Record excerpts:
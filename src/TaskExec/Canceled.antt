-- ===== src/TaskExec/Canceled.antt =====
-- What a cancelation of the distributed manager returns and leaves open, internal/taskexec/distributed_manager.go.
use a2a_go.Base.{
  String, Bool, true, false, ◌&&◌, some, List, [], ◌∷◌, if◌then◌else◌, is_some, any, ◌≡◌, inl, inr,
  refl, ap, sym, ◌∙◌, arith, Bool-cases, Result-cases, ok,
}
use a2a_go.Core.{Task, is_canceled}
use a2a_go.TaskStore.Api.{StoredTask}
use a2a_go.TaskExec.Promise.{convert_to_cancelation_result}
use a2a_go.TaskExec.Subscription.{remote_events}
use a2a_go.TaskExec.Distributed.{
  Action, opens, closes, writes, cancel_payload, CancelAnswers, Canceled, cancel, follow, StreamEnd,
  waits, ends_with, breaks, followed,
}
use a2a_go.TaskExec.Readers.{open_after}
use a2a_go.TaskExec.Canceling.{ends_stream, waiting, remote_events-ends, refused, goes}

-- whether a payload was written
abbrev pub has_written : List Action → Bool
has_written [] = false
has_written (writes p ∷ rest) = true
has_written (opens r id ∷ rest) = has_written rest
has_written (closes r ∷ rest) = has_written rest

-- the end of a cancelation from the end of its stream
followed_returns :
    (a : CancelAnswers) (done : List Action) (e : StreamEnd)
    → waiting e ≡ false
    → is_some (followed a done e).0 ≡ true
unfolding followed
followed_returns a done waits h = absurd (ground arith)
followed_returns a done (ends_with t) h = refl
followed_returns a done (breaks f) h = elim (Result-cases a.stored_after) [
  | inl (g, p) ↦ rw p refl
  | inr (st, p) ↦ rw p refl
]

followed_closes :
    (a : CancelAnswers) (id : String) (e : StreamEnd)
    → let x = followed a (opens 0 id ∷ writes (cancel_payload id) ∷ []) e in
      is_some x.0 ≡ true → (open_after [] x.1 ≡ []) × (has_written x.1 ≡ true)
unfolding followed open_after
followed_closes a id waits h = absurd (ground arith)
followed_closes a id (ends_with t) h = (refl, refl)
followed_closes a id (breaks f) h = elim (Result-cases a.stored_after) [
  | inl (g, p) ↦ rw p (refl, refl)
  | inr (st, p) ↦ rw p (refl, refl)
]

followed_canceled :
    (a : CancelAnswers) (done : List Action) (e : StreamEnd) (t : Task)
    → (followed a done e).0 ≡ some (ok t)
    → is_canceled t.status.state ≡ true
unfolding followed convert_to_cancelation_result
followed_canceled a done waits t h = absurd (ground arith)
followed_canceled a done (ends_with u) t h = elim (Bool-cases (is_canceled u.status.state)) [
  | inl e ↦ ground arith
  | inr e ↦ absurd (ground arith)
]
followed_canceled a done (breaks f) t h = elim (Result-cases a.stored_after) [
  | inl (g, p) ↦ absurd (ground arith)
  | inr (st, p) ↦ elim (Bool-cases (is_canceled st.task.status.state)) [
    | inl e ↦ ground arith
    | inr e ↦ absurd (ground arith)
  ]
]

-- `Cancel` returns no task but a canceled one.
pub cancel_only_canceled :
    (id : String) (a : CancelAnswers) (t : Task)
    → (cancel id a).0 ≡ some (ok t)
    → is_canceled t.status.state ≡ true
cancel_only_canceled id a t h = elim (goes id a) [
  | inl (r, is, canceled) ↦ canceled t (ground arith)
  | inr (inl (f, is)) ↦ absurd (ground arith)
  | inr (inr (inl (f, bad, is))) ↦ absurd (ground arith)
  | inr (inr (inr (st, p, fine, is))) ↦
      followed_canceled a _ _ t (ap (λ (x : Canceled). x.0) (sym is) ∙ h)
]

-- `Cancel` returns, once its reader has failed or has brought a final event that is newer than the task
-- was before the payload was written, whatever else it brought before.
pub cancel_returns :
    (id : String) (a : CancelAnswers)
    → ((st : StoredTask) → a.stored ≡ ok st → any (ends_stream st.version) a.reads ≡ true)
    → is_some (cancel id a).0 ≡ true
cancel_returns id a ends = elim (goes id a) [
  | inl (r, is, canceled) ↦ rw is refl
  | inr (inl (f, is)) ↦ rw is refl
  | inr (inr (inl (f, bad, is))) ↦ rw is refl
  | inr (inr (inr (st, p, fine, is))) ↦
      let over = remote_events-ends st.version a.snapshot a.reads (ends st p) in
      rw is (followed_returns a _ _ over)
]

-- When `Cancel` has returned, its reader is still open exactly if the payload was written and the work
-- queue refused it for another reason than a taken lease, or answered for another task.
pub cancel_readers :
    (id : String) (a : CancelAnswers)
    → is_some (cancel id a).0 ≡ true
    → open_after [] (cancel id a).1
      ≡ (if has_written (cancel id a).1 && refused id a.written then 0 ∷ [] else [])
cancel_readers id a over = elim (goes id a) [
  | inl (r, is, canceled) ↦ rw is (unfold open_after in refl)
  | inr (inl (f, is)) ↦ rw is (unfold open_after in refl)
  | inr (inr (inl (f, bad, is))) ↦ rw (is, bad) (unfold open_after in refl)
  | inr (inr (inr (st, p, fine, is))) ↦
      let (closed, wrote) =
        followed_closes a id (follow (remote_events false (some st.version) a.snapshot a.reads))
          (ap (λ (x : Canceled). is_some x.0) (sym is) ∙ over) in
      rw (is, fine, wrote) closed
]
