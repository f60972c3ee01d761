-- ===== src/TaskExec/Limiter.antt =====
-- The quota of concurrent executions: internal/taskexec/limiter.go, with the configuration of
-- a2asrv/limiter. A scope is what `limiter.ScopeFrom` finds in a context. A counter starts at 0 and
-- is lowered only where it is positive, so it is a natural number; a limit is an `int`.
use a2a_go.Base.{
  ℕ, ◌+◌, ◌-◌, String, ℤ, pos, negsuc, Bool, false, ◌&&◌, Option, none, some, [], if◌then◌else◌,
  ltb, leb, ◌==◌, Result, ok, err, other,
}
use a2a_go.Base.Maps.{GoMap, lookup, insert, remove}

pub record ConcurrencyConfig : Type 0 where
  pub max_executions : ℤ
  pub get_max_executions : Option (String → ℤ)

pub record ConcurrencyLimiter : Type 0 where
  pub config : ConcurrencyConfig
  pub executions : ℕ
  pub executions_by_scope : GoMap ℕ

abbrev pub new_concurrency_limiter : ConcurrencyConfig → ConcurrencyLimiter
new_concurrency_limiter config = record {
  config = config;
  executions = 0;
  executions_by_scope = [];
}

-- `limit > 0 && active >= limit`
abbrev pub is_reached : ℤ → ℕ → Bool
is_reached (pos limit) active = ltb 0 limit && leb limit active
is_reached (negsuc _) active = false

or_zero : Option ℕ → ℕ
or_zero none = 0
or_zero (some n) = n

-- `l.executionsByScope[scope]`
unfoldable pub active : String → ConcurrencyLimiter → ℕ
unfolding or_zero
active scope l = or_zero (lookup scope l.executions_by_scope)

abbrev with_counts : ConcurrencyLimiter → ℕ → GoMap ℕ → ConcurrencyLimiter
with_counts l n by_scope = record {
  config = l.config;
  executions = n;
  executions_by_scope = by_scope;
}

acquire_scope :
    Option String
    → Option (String → ℤ)
    → ConcurrencyLimiter
    → Result (Unit {0}) × ConcurrencyLimiter
acquire_scope scope none l = (ok tt, with_counts l (l.executions + 1) l.executions_by_scope)
acquire_scope none (some get) l = (ok tt, with_counts l (l.executions + 1) l.executions_by_scope)
acquire_scope (some scope) (some get) l =
    if is_reached (get scope) (active scope l)
    then (err (other "max scope concurrency limit reached"), l)
    else (
      ok tt,
      with_counts l (l.executions + 1) (insert scope (active scope l + 1) l.executions_by_scope),
    )

-- `acquireQuotaLocked`
unfoldable pub acquire_quota :
    Option String → ConcurrencyLimiter → Result (Unit {0}) × ConcurrencyLimiter
unfolding acquire_scope
acquire_quota scope l =
    if is_reached l.config.max_executions l.executions
    then (err (other "max concurrency limit reached"), l)
    else acquire_scope scope l.config.get_max_executions l

release_scope : Option String → Option (String → ℤ) → ConcurrencyLimiter → GoMap ℕ
release_scope scope none l = l.executions_by_scope
release_scope none (some get) l = l.executions_by_scope
release_scope (some scope) (some get) l =
    if active scope l == 1
    then remove scope l.executions_by_scope
    else if ltb 0 (active scope l)
    then insert scope (active scope l - 1) l.executions_by_scope
    else l.executions_by_scope

-- `releaseQuotaLocked`
unfoldable pub release_quota : Option String → ConcurrencyLimiter → ConcurrencyLimiter
unfolding release_scope
release_quota scope l =
    with_counts l (if ltb 0 l.executions then l.executions - 1 else l.executions)
      (release_scope scope l.config.get_max_executions l)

Activity: Begin with the line containing "unfoldable pub release_quota" and retype it and each line after it through the end of the records, keeping them exact and including nothing more.

Final answer:
unfoldable pub release_quota : Option String → ConcurrencyLimiter → ConcurrencyLimiter
unfolding release_scope
release_quota scope l =
    with_counts l (if ltb 0 l.executions then l.executions - 1 else l.executions)
      (release_scope scope l.config.get_max_executions l)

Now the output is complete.